*Directions for this task*:
Where the records below reach the line containing "module _ (load", start transcribing, and end with the line containing "load_all m (r ∷ rs) = do", exactly and with nothing else added.

*Records supplied*:
-- ===== src/Lifecycle/Graph.antt =====
-- src/record/lifecycle/graph.rs: the canonical validation of a whole ledger.
use equill.Base.{
  ℕ, zero, suc, String, Bool, true, false, ◌&&◌, not, Option, none, some, List, [], ◌∷◌, ◌==◌, ◌!=◌,
  string_eq, nat_eq, contains, any, filter, lookup, insert, length, if◌then◌else◌,
}
use equill.Kernel.Error.{invalid_record, panic, Result, ok, err, ◌>>=◌, ◌>>◌, refuse, ok_or}
use equill.Json.{Json}
use equill.Record.{StoredRecord, TypeDefinition}
use equill.Lifecycle.Rules.{key, require_key, linear_type, append_only_type, eligible}
use equill.Lifecycle.Append.{keys_differ}

-- `map[&key]`
abbrev pub index : {V : Type 0} → Option V → Result V
index o = ok_or o panic

module _ (j : Json) where
  open j use {Value, to_string}

  abbrev pub Records : Type 0
  Records = List (StoredRecord Value)

  abbrev pub ById : Type 0
  ById = List (ℕ × StoredRecord Value)

  abbrev pub Definitions : Type 0
  Definitions = List (String × TypeDefinition Value)

  -- `records.iter().map(|record| (record.id, record)).collect::<HashMap<_, _>>()`
  unfoldable pub collect : ById → Records → ById
  collect m [] = m
  collect m (r ∷ rs) = collect (insert r.id r m) rs

  -- the definitions of the types that occur; `load` is `schema::load` at the store
  module _ (load : String → Result (TypeDefinition Value)) where
    unfoldable pub add_definition :
        String → Definitions → Option (TypeDefinition Value) → Result Definitions
    add_definition name m (some d) = ok m
    add_definition name m none = do d ← load name; ok (insert name d m)

    unfoldable pub load_all : Definitions → Records → Result Definitions
    unfolding add_definition
    load_all m [] = ok m
    load_all m (r ∷ rs) = do
      next ← add_definition r.type_name m (lookup r.type_name m)
      load_all next rs

  unfoldable pub validate_edge :
      StoredRecord Value → Option (StoredRecord Value) → TypeDefinition Value → Result (Unit {0})
  validate_edge r none definition = ok tt
  validate_edge r (some target) definition = do
    refuse (r.id == target.id) (invalid_record "record {} supersedes itself")
    refuse (append_only_type j definition)
        (invalid_record "type {} is append_only and cannot supersede records")
    refuse (r.namespace != target.namespace) (invalid_record "supersedes cannot cross namespaces")
    refuse
        (r.type_name != target.type_name
          && not (contains definition.lifecycle.allowed_predecessor_types target.type_name))
        (invalid_record "type {} cannot supersede predecessor type {}")
    refuse
        (linear_type j definition && keys_differ j (key j r definition) (key j target definition))
        (invalid_record "linear supersedes requires the same lifecycle key")

  unfoldable pub find_parent : ById → Option ℕ → Result (Option (StoredRecord Value))
  find_parent by_id none = ok none
  find_parent by_id (some id) = do
    r ← ok_or (lookup id by_id) (invalid_record "supersedes target is unknown: {id}")
    ok (some r)

  abbrev pub require_linear_key :
      StoredRecord Value → TypeDefinition Value → Bool → Result (Unit {0})
  require_linear_key r definition false = ok tt
  require_linear_key r definition true = require_key j r definition >>= λ _. ok tt

  -- a target of an append_only type is refused; any other gains a child
  unfoldable pub target_child : Definitions → Option (StoredRecord Value) → Result (Option ℕ)
  target_child definitions none = ok none
  target_child definitions (some target) = do
    d ← index (lookup target.type_name definitions)
    refuse (append_only_type j d) (invalid_record "type {} is append_only and cannot be superseded")
    ok (some target.id)

  -- one round of the loop over the records, and the id whose count of children it raises
  unfoldable pub check_record : ById → Definitions → StoredRecord Value → Result (Option ℕ)
  unfolding find_parent validate_edge target_child
  check_record by_id definitions r = do
    definition ← index (lookup r.type_name definitions)
    target ← find_parent by_id r.supersedes
    validate_edge r target definition
    require_linear_key r definition (linear_type j definition)
    target_child definitions target

  abbrev pub add_child : Option ℕ → List ℕ → List ℕ
  add_child none children = children
  add_child (some id) children = id ∷ children

  -- The map `children` is the list of its keys, each as often as it counts children.
  unfoldable pub check_records : ById → Definitions → List ℕ → Records → Result (List ℕ)
  unfolding check_record
  check_records by_id definitions children [] = ok children
  check_records by_id definitions children (r ∷ rs) = do
    child ← check_record by_id definitions r
    check_records by_id definitions (add_child child children) rs

  -- `while let Some(parent) = current.supersedes`, on fuel
  unfoldable pub walk : ℕ → ById → List ℕ → StoredRecord Value → Option ℕ → Result (Unit {0})
  walk fuel by_id seen current none = ok tt
  walk zero by_id seen current (some parent) = err panic
  walk (suc fuel) by_id seen current (some parent) =
      refuse (contains seen current.id) (invalid_record "supersedes cycle contains {}")
      >> (index (lookup parent by_id) >>= λ next.
          walk fuel by_id (current.id ∷ seen) next next.supersedes)

  unfoldable pub reject_cycles : ℕ → ById → Records → Result (Unit {0})
  unfolding walk
  reject_cycles fuel by_id [] = ok tt
  reject_cycles fuel by_id (origin ∷ rs) =
      walk fuel by_id [] origin origin.supersedes >> reject_cycles fuel by_id rs

  unfoldable pub count : ℕ → List ℕ → ℕ
  count id [] = 0
  count id (x ∷ xs) = let rest = count id xs in if x == id then suc rest else rest

  abbrev pub shared_target : List ℕ → Option ℕ → Bool
  shared_target children none = false
  shared_target children (some target) = not (count target children == 1)

  -- `key(head, definition).is_some_and(|value| !keys.insert(value.to_string()))`, over the heads
  abbrev pub seen_key : List String → Option Value → Bool
  seen_key keys none = false
  seen_key keys (some v) = contains keys (to_string v)

  abbrev pub see_key : Option Value → List String → List String
  see_key none keys = keys
  see_key (some v) keys = to_string v ∷ keys

  unfoldable pub unique_keys : TypeDefinition Value → List String → Records → Result (Unit {0})
  unique_keys definition keys [] = ok tt
  unique_keys definition keys (h ∷ heads) =
      refuse (seen_key keys (key j h definition))
        (invalid_record "linear lifecycle key has multiple current heads")
      >> unique_keys definition (see_key (key j h definition) keys) heads

  -- the heads that a linear record's type counts, of `children`'s graph
  unfoldable pub counted :
      List ℕ → StoredRecord Value → TypeDefinition Value → StoredRecord Value → Bool
  counted children r definition item =
      not (contains children item.id) && eligible j r item definition

  -- `checked.contains(&(namespace, type_name))`
  unfoldable pub checked_before : List (String × String) → StoredRecord Value → Bool
  checked_before checked r = any (λ c. c.0 == r.namespace && c.1 == r.type_name) checked

  -- one round for a record of a linear type: `checked` holds the pairs that need no second look
  unfoldable pub check_linear_record :
      Records
      → List ℕ
      → List (String × String)
      → StoredRecord Value
      → TypeDefinition Value
      → Result (Unit {0})
  unfolding unique_keys counted checked_before
  check_linear_record records children checked r definition = do
    refuse (shared_target children r.supersedes)
        (invalid_record "linear lifecycle has multiple children of one head")
    if checked_before checked r
        then ok tt
        else unique_keys definition [] (filter (counted children r definition) records)

  abbrev pub check_if_linear :
      Records
      → List ℕ
      → List (String × String)
      → StoredRecord Value
      → TypeDefinition Value
      → Bool
      → Result (List (String × String))
  check_if_linear records children checked r definition false = ok checked
  check_if_linear records children checked r definition true =
      check_linear_record records children checked r definition
      >> ok ((r.namespace, r.type_name) ∷ checked)

  -- the loop of `validate_linear_graph`: over `rest`, in a ledger of `records`
  unfoldable pub linear_loop :
      Records → Definitions → List ℕ → List (String × String) → Records → Result (Unit {0})
  unfolding check_linear_record
  linear_loop records definitions children checked [] = ok tt
  linear_loop records definitions children checked (r ∷ rest) = do
    definition ← index (lookup r.type_name definitions)
    checked' ← check_if_linear records children checked r definition (linear_type j definition)
    linear_loop records definitions children checked' rest

  unfoldable pub validate_linear_graph : Records → Definitions → List ℕ → Result (Unit {0})
  unfolding linear_loop
  validate_linear_graph records definitions children =
      linear_loop records definitions children [] records

  -- A walk makes fewer steps than there are records, and one step finds the repetition.
  unfoldable pub validate_graph :
      (String → Result (TypeDefinition Value)) → Records → Result (Unit {0})
  unfolding collect load_all check_records reject_cycles validate_linear_graph
  validate_graph load records = do
    let by_id = collect [] records
    definitions ← load_all load [] records
    children ← check_records by_id definitions [] records
    reject_cycles (suc (length records)) by_id records
    validate_linear_graph records definitions children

*Exercise response*:
  module _ (load : String → Result (TypeDefinition Value)) where
    unfoldable pub add_definition :
        String → Definitions → Option (TypeDefinition Value) → Result Definitions
    add_definition name m (some d) = ok m
    add_definition name m none = do d ← load name; ok (insert name d m)

    unfoldable pub load_all : Definitions → Records → Result Definitions
    unfolding add_definition
    load_all m [] = ok m
    load_all m (r ∷ rs) = do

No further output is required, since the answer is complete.